One feature was talking over a minute to run and it was due to this list processing. All of the things inside it could be done with arrays. So I tried changing it. Converting to and from lists on either side of the system. I was hoping it would run in less than thirty seconds but it came in as fractions of a second.

I guess the moral is know your data types and how they are handled internally.

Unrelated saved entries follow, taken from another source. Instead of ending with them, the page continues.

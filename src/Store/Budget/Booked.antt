-- ===== src/Store/Budget/Booked.antt =====
-- What a settlement or a release of a held reservation leaves in the tables, bucket by bucket.
use scrum_jail_governance_pl.Base.{
  ℕ, ◌+◌, ◌≤◌, ◌<◌, String, ◌==◌, true, false, ◌&&◌, ◌≡◌, refl, some, arith, ap, sym, subst,
  if◌then◌else◌, pos,
}
use scrum_jail_governance_pl.Base.Table.{select}
use scrum_jail_governance_pl.Store.Schema.{Store, WakeSession, BudgetReservation, ReservationState}
use scrum_jail_governance_pl.Store.Action.{ok}
use scrum_jail_governance_pl.Store.Sessions.{is_held, by_session_id}
use scrum_jail_governance_pl.Store.Budget.{
  bucket, by_reservation_id, change_bucket, charge, given_back, settle_budget, release_budget,
}
use scrum_jail_governance_pl.Store.Budget.Buckets.{bucket-same_key}
use scrum_jail_governance_pl.Store.Budget.Held.{names, reserved_in, limit_in, IsCovered}
use scrum_jail_governance_pl.Store.Budget.Release.{
  released, reserved-given_back, scope_apart, held-le_reserved,
}
use scrum_jail_governance_pl.Store.Budget.Settle.{
  verdict, overruns, charged, reserved-charge, settle_passes,
}
use scrum_jail_governance_pl.Store.Budget.Liveness.{AreBucketsKeyed, release_passes}
use scrum_jail_governance_pl.Store.Budget.Counts.{
  consumed_in, consumed-charge, limit-charge, kept-given_back, marked-set_reservation,
  others-set_reservation,
}

-- What falls on a bucket: the number, if it is one of the two buckets of the session and the epoch.
abbrev pub share : WakeSession → String → ℕ → String → String → String → ℕ
share row epoch n scope subject at = if names scope subject row && at == epoch then n else 0

-- From `s` to `s'`, the two buckets of the session count `tokens` fewer reserved and `consumed` more
-- consumed, every other bucket counts what it did, and the reservation, it alone, is in this state.
pub record IsBooked (id : String) (r : BudgetReservation) (row : WakeSession) (consumed : ℕ)
    (state : ReservationState) (s s' : Store) : Type 0 where
  pub reserved :
      (scope subject epoch : String)
      → reserved_in (bucket scope subject epoch s')
          + share row r.epoch r.reserved_tokens scope subject epoch
        ≡ reserved_in (bucket scope subject epoch s)
  pub consumed_more :
      (scope subject epoch : String)
      → consumed_in (bucket scope subject epoch s')
        ≡ consumed_in (bucket scope subject epoch s)
          + share row r.epoch consumed scope subject epoch
  pub limits :
      (scope subject epoch : String)
      → limit_in (bucket scope subject epoch s') ≡ limit_in (bucket scope subject epoch s)
  pub marked : select (by_reservation_id id) s'.reservations ≡ some (record r { state = state })
  pub others :
      (other : String)
      → (other == id) ≡ false
      → select (by_reservation_id other) s'.reservations
        ≡ select (by_reservation_id other) s.reservations
  pub sessions : s'.sessions ≡ s.sessions

module _ (id : String) (r : BudgetReservation) (row : WakeSession) (s : Store) where
  charged-IsBooked :
      (consumed : ℕ)
      → select (by_reservation_id id) s.reservations ≡ some r
      → 0 < r.reserved_tokens
      → r.reserved_tokens ≤ reserved_in (bucket "org" row.org_id r.epoch s)
      → r.reserved_tokens ≤ reserved_in (bucket "role" row.role r.epoch s)
      → IsBooked id r row consumed
          (if overruns r row consumed s
            then ReservationState.uncertain
            else ReservationState.settled)
          s
          (charged id r row consumed s)
  unfolding charged
  charged-IsBooked consumed e some_tokens org_there role_there =
      let t = change_bucket "org" row.org_id r.epoch (charge r.reserved_tokens consumed) s in
      let u = change_bucket "role" row.role r.epoch (charge r.reserved_tokens consumed) t in
      record {
        reserved = λ scope subject epoch. ground (
          arith,
          reserved-charge scope subject epoch "org" row.org_id r.epoch r.reserved_tokens consumed s,
          reserved-charge scope subject epoch "role" row.role r.epoch r.reserved_tokens consumed t,
          bucket-same_key scope subject epoch "org" row.org_id r.epoch s,
          bucket-same_key scope subject epoch "role" row.role r.epoch s,
          scope_apart scope,
        );
        consumed_more = λ scope subject epoch. ground (
          arith,
          consumed-charge scope subject epoch "org" row.org_id r.epoch r.reserved_tokens consumed s
              (λ h.
                ground (arith, bucket-same_key scope subject epoch "org" row.org_id r.epoch s h)),
          consumed-charge scope subject epoch "role" row.role r.epoch r.reserved_tokens consumed t
              (λ h. ground (
                arith,
                bucket-same_key scope subject epoch "role" row.role r.epoch s h,
                reserved-charge scope subject epoch "org" row.org_id r.epoch r.reserved_tokens
                    consumed s,
                scope_apart scope,
              )),
          scope_apart scope,
        );
        limits = λ scope subject epoch. ground (
          arith,
          limit-charge scope subject epoch "org" row.org_id r.epoch r.reserved_tokens consumed s,
          limit-charge scope subject epoch "role" row.role r.epoch r.reserved_tokens consumed t,
        );
        marked = marked-set_reservation id _ u r e;
        others = others-set_reservation id _ u;
        sessions = refl;
      }

  released-IsBooked :
      select (by_reservation_id id) s.reservations ≡ some r
      → r.reserved_tokens ≤ reserved_in (bucket "org" row.org_id r.epoch s)
      → r.reserved_tokens ≤ reserved_in (bucket "role" row.role r.epoch s)
      → IsBooked id r row 0 ReservationState.released s (released id r row s)
  unfolding released
  released-IsBooked e org_there role_there =
      let t = given_back "org" row.org_id r.epoch r.reserved_tokens s in
      let u = given_back "role" row.role r.epoch r.reserved_tokens t in
      record {
        reserved = λ scope subject epoch. ground (
          arith,
          reserved-given_back scope subject epoch "org" row.org_id r.epoch r.reserved_tokens s,
          reserved-given_back scope subject epoch "role" row.role r.epoch r.reserved_tokens t,
          bucket-same_key scope subject epoch "org" row.org_id r.epoch s,
          bucket-same_key scope subject epoch "role" row.role r.epoch s,
          scope_apart scope,
        );
        consumed_more = λ scope subject epoch. ground (
          arith,
          kept-given_back scope subject epoch "org" row.org_id r.epoch r.reserved_tokens s,
          kept-given_back scope subject epoch "role" row.role r.epoch r.reserved_tokens t,
        );
        limits = λ scope subject epoch. ground (
          arith,
          kept-given_back scope subject epoch "org" row.org_id r.epoch r.reserved_tokens s,
          kept-given_back scope subject epoch "role" row.role r.epoch r.reserved_tokens t,
        );
        marked = marked-set_reservation id _ u r e;
        others = others-set_reservation id _ u;
        sessions = refl;
      }

  -- Where every bucket counts at least what its active reservations hold, settling an active
  -- reservation of some tokens, whose session is there, with a consumption that is not negative,
  -- leaves the session's organization and role bucket of the epoch with exactly the reserved tokens
  -- fewer reserved and exactly the consumed tokens more consumed, and every other bucket, every
  -- limit, every other reservation and the sessions as they were; the reservation is then
  -- uncertain, and the call raises, exactly if the consumption exceeds what was reserved or brings
  -- what either bucket counts as consumed over its limit, and else it is settled, and the call
  -- returns.
  pub settle-IsBooked :
      (consumed : ℕ)
      → select (by_reservation_id id) s.reservations ≡ some r
      → select (by_session_id r.session_id) s.sessions ≡ some row
      → is_held r.state ≡ true
      → 0 < r.reserved_tokens
      → IsCovered s
      → ((settle_budget id (pos consumed) s).0 ≡ verdict (overruns r row consumed s))
        × IsBooked id r row consumed
            (if overruns r row consumed s
              then ReservationState.uncertain
              else ReservationState.settled)
            s
            (settle_budget id (pos consumed) s).1
  settle-IsBooked consumed e f active some_tokens c =
      let passes = settle_passes id r row consumed s e f active some_tokens c in
      let (org_there, role_there) = held-le_reserved id r row s e f active c in
      (
        ap (λ x. x.0) passes,
        subst
            (λ (s' : Store).
              IsBooked id r row consumed
                (if overruns r row consumed s
                  then ReservationState.uncertain
                  else ReservationState.settled)
                s s')
            (ap (λ x. x.1) (sym passes))
            (charged-IsBooked consumed e some_tokens org_there role_there),
      )

  -- Where every bucket counts at least what its active reservations hold and bucket keys do not
  -- repeat, releasing an active reservation of some tokens, whose session is there, returns, and
  -- leaves the session's organization and role bucket of the epoch with exactly the reserved tokens
  -- fewer reserved, the reservation released, and what every bucket counts as consumed, every other
  -- bucket, every limit, every other reservation and the sessions as they were.
  pub release-IsBooked :
      select (by_reservation_id id) s.reservations ≡ some r
      → select (by_session_id r.session_id) s.sessions ≡ some row
      → is_held r.state ≡ true
      → 0 < r.reserved_tokens
      → IsCovered s
      → AreBucketsKeyed s
      → ((release_budget id s).0 ≡ ok tt)
        × IsBooked id r row 0 ReservationState.released s (release_budget id s).1
  release-IsBooked e f active some_tokens c keyed =
      let passes = release_passes id r row s e f active some_tokens c keyed in
      let (org_there, role_there) = held-le_reserved id r row s e f active c in
      (
        ap (λ x. x.0) passes,
        subst (IsBooked id r row 0 ReservationState.released s) (ap (λ x. x.1) (sym passes))
            (released-IsBooked e org_there role_there),
      )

ralphhightower profile image
Ralph Hightower


  • Loop optimization: moving invariant code out of loops. One instance was retrieving holidays from a database table.
  • Eliminate retrieving data twice. There were internally developed base class for retrieving a row, and rows from database tables. The class that retrieved rows, first retrieved rows from the table, using the rows returned and then retrieved the the rows individually again to create the list. Why do that all over again? You've already got the data.
sjmulder profile image
Sijmen J. Mulder • Edited
  • Use a profiler
  • Do less work
    • Simplify and cut out the cruft. Avoid unnecessary abstractions or steps.
    • Don't repeat work (e.g. duplicate database queries)
    • Don't ask more than needed (DB queries are again a good example)
    • Preprocess what you can, e.g. take work out of the hot loop and do it once it advance, create lookup tables, etc.
  • Make the work faster
    • Lay out your data in a way that's convenient for the processing (data-oriented programming). Array in, loop, array out tends to play well with how CPUs and memory work.
    • Avoid indirection. That's pointers, virtual methods, string matching, etc.
vishwassingh47 profile image
Vishwas Singh

When I joined my recent company, I was given the task to improve the performance of a Socket Server ( + Nodejs).
At that time we were only able to handle 2K concurrent users, after that our EC2 instance used to go down due to High CPU.

We were doing some API call whenever the users connects to the Socket Server. Doing lots of parallel API calls was resulting in High CPU as HTTP 3 way handshake is CPU intensive.

Then instead of making API calls we decided to do DB queries on the Socket Server only, eliminating the REST call.

Then we started queuing requests in a local IN Memory queue and were processing multiple users request in a Single DB Batch Query (one DB query per 500 requests).

Then we used Redis to horizontally scale these socket servers.

Now we are handling 35K concurrent users and have tested out Service to handle 100K concurrent connections per ec2 instance (1CPU x 2GB RAM).

siddharthshyniben profile image

This is oddly specific but for some reason Array.from is faster than a spread operator on strings in JavaScript.